» **Assignment**
Take the entries below and print only the lines from the one with "unfolding receive_loop" through the one with "abbrev pub count_request", exactly as they stand, both ends included.

» **Saved data entries**
--*--

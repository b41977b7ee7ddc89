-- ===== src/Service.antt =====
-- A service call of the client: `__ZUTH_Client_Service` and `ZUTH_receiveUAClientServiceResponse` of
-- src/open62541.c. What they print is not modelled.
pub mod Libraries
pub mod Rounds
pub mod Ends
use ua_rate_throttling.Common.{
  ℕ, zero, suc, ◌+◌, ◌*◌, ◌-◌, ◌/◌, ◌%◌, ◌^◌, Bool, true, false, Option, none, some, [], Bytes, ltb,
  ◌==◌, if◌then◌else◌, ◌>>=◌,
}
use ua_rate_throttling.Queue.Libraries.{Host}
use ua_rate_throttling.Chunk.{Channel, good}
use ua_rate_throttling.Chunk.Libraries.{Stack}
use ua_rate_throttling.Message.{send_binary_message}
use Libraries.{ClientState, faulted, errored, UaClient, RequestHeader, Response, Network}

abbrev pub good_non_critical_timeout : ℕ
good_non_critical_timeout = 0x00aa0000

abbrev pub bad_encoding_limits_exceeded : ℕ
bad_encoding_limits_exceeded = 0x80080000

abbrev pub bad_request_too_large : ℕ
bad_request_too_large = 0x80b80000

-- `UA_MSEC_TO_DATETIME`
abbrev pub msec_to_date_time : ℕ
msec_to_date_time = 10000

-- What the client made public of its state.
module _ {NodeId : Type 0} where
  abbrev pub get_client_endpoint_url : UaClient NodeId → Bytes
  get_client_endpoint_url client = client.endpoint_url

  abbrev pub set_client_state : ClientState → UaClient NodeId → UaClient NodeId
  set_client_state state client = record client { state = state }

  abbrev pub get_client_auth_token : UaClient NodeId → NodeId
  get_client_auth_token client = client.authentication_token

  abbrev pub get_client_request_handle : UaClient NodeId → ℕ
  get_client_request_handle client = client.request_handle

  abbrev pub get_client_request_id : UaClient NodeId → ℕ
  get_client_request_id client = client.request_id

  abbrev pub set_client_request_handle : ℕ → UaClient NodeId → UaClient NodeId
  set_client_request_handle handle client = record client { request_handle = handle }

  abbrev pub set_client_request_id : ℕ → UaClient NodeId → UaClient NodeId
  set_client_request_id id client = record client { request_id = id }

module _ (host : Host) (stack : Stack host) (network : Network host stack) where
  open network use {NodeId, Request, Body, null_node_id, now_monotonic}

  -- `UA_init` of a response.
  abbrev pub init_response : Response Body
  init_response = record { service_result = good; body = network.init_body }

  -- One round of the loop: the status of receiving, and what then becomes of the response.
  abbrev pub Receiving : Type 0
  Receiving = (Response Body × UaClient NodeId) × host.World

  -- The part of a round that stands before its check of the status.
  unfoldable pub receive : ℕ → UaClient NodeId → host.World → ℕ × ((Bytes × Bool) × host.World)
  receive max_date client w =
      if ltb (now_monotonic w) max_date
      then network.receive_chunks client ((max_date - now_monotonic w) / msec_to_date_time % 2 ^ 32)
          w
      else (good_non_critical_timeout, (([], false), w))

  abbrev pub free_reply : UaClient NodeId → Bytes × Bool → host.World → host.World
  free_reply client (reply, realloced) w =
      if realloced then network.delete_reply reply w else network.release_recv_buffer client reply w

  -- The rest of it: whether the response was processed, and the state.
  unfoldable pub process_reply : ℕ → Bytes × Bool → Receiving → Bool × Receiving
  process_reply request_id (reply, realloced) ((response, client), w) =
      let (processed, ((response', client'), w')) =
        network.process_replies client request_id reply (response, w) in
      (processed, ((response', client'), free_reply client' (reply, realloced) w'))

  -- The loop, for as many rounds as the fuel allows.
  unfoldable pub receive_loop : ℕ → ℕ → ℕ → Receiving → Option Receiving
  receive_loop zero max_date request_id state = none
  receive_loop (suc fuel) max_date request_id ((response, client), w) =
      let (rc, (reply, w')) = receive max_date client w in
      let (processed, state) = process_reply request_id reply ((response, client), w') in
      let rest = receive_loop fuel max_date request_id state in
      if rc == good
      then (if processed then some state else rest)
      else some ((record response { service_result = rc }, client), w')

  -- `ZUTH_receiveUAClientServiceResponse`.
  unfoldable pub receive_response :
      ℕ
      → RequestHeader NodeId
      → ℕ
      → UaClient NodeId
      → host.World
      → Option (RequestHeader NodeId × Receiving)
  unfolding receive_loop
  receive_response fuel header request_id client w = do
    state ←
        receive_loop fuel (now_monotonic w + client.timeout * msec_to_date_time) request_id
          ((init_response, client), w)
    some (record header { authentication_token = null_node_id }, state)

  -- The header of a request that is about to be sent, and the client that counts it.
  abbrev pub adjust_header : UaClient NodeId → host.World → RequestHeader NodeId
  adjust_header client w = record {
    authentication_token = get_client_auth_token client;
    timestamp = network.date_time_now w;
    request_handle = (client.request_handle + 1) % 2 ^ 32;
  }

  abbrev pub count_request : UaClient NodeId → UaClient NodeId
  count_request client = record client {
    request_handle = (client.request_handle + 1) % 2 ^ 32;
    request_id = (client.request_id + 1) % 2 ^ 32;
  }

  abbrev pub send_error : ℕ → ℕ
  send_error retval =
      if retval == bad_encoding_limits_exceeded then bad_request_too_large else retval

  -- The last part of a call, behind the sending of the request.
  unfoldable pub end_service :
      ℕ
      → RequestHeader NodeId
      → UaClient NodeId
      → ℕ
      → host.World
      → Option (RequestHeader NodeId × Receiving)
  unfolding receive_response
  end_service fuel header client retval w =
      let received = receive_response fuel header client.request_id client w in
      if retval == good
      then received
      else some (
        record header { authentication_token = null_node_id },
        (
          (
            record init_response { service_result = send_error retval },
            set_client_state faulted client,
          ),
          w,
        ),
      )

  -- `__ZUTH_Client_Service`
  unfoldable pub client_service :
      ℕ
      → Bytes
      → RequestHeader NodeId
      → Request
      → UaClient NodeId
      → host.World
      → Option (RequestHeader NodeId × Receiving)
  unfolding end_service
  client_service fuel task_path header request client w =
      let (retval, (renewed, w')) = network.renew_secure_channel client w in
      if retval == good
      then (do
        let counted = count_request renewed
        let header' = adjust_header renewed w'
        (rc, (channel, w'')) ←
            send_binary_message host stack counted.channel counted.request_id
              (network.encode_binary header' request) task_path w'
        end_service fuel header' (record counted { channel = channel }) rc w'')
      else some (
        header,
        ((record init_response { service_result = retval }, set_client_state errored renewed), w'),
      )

--*--

» **Written response**
  unfolding receive_loop
  receive_response fuel header request_id client w = do
    state ←
        receive_loop fuel (now_monotonic w + client.timeout * msec_to_date_time) request_id
          ((init_response, client), w)
    some (record header { authentication_token = null_node_id }, state)

  -- The header of a request that is about to be sent, and the client that counts it.
  abbrev pub adjust_header : UaClient NodeId → host.World → RequestHeader NodeId
  adjust_header client w = record {
    authentication_token = get_client_auth_token client;
    timestamp = network.date_time_now w;
    request_handle = (client.request_handle + 1) % 2 ^ 32;
  }

  abbrev pub count_request : UaClient NodeId → UaClient NodeId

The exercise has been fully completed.